[Stored items]
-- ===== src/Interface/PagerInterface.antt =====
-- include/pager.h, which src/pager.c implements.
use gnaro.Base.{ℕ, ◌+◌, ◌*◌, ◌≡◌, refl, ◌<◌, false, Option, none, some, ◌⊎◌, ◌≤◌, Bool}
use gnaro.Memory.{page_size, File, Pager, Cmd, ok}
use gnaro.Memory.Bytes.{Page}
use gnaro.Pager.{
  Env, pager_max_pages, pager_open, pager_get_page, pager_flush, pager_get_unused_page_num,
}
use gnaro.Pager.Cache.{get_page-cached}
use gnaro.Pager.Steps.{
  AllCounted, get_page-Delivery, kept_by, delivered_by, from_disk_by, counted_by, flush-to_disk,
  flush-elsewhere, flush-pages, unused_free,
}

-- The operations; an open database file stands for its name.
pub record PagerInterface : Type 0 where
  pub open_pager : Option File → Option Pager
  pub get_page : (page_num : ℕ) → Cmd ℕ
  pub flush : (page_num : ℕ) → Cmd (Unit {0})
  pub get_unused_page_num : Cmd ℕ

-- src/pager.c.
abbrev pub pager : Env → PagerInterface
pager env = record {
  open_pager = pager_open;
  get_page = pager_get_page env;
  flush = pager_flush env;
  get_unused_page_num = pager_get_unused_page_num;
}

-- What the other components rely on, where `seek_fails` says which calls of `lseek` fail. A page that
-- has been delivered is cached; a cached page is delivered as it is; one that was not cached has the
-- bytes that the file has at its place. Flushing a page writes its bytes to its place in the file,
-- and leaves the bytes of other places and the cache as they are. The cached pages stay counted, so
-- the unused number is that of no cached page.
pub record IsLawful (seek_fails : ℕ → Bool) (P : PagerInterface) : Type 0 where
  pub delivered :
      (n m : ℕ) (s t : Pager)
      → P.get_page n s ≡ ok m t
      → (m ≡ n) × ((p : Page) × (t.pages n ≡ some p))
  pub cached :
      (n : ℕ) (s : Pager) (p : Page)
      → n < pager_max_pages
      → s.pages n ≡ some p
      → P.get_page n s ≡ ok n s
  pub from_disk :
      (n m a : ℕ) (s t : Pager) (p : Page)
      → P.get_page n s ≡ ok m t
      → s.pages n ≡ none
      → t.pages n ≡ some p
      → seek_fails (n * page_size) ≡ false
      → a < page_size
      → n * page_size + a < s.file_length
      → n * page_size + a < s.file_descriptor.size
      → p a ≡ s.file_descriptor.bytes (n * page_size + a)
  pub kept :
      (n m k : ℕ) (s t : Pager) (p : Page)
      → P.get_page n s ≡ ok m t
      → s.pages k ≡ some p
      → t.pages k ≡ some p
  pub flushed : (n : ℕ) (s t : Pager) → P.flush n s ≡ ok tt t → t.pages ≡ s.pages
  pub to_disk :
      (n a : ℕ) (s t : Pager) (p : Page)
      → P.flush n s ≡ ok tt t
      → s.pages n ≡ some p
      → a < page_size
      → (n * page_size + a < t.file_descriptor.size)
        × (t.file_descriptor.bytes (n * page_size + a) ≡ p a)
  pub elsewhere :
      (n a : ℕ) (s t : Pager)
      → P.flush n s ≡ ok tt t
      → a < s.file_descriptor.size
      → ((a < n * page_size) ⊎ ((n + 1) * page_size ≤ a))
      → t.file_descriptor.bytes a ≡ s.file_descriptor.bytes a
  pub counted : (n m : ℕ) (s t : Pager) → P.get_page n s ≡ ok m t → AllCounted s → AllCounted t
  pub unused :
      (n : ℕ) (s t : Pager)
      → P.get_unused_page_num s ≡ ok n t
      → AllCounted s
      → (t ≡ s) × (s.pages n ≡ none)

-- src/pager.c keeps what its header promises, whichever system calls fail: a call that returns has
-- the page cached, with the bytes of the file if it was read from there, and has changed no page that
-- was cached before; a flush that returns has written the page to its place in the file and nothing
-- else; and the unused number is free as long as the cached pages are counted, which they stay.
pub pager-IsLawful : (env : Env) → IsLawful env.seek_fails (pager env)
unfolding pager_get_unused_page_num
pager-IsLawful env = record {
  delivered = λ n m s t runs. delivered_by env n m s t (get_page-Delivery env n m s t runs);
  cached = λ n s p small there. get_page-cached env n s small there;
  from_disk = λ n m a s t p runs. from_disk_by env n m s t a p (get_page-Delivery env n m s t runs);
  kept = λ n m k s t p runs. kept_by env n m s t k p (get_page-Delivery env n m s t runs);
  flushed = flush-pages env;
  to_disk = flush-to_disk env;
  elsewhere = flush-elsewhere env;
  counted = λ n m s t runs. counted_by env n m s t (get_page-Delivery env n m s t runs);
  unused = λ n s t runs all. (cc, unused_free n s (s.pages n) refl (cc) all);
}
...
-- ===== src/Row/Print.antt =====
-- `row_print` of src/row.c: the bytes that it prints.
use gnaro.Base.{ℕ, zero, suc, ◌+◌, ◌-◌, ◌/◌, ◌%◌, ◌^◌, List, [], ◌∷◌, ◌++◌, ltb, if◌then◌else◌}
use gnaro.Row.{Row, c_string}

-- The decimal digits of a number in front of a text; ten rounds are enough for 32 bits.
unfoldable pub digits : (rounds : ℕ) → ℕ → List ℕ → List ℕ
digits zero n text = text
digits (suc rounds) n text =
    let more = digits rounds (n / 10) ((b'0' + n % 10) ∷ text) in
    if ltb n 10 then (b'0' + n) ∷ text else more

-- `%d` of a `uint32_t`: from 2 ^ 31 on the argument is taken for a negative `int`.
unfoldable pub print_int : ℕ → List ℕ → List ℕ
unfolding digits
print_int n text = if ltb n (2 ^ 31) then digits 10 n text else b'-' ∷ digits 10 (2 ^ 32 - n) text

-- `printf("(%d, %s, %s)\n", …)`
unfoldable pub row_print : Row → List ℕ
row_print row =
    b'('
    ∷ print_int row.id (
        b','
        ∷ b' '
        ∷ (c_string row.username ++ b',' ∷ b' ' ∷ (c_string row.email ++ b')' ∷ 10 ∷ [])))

* TASK DIRECTIONS: Lines with "there": return each one from the data above.

* EXERCISE RESULT:
-- the page cached, with the bytes of the file if it was read from there, and has changed no page that
  cached = λ n s p small there. get_page-cached env n s small there;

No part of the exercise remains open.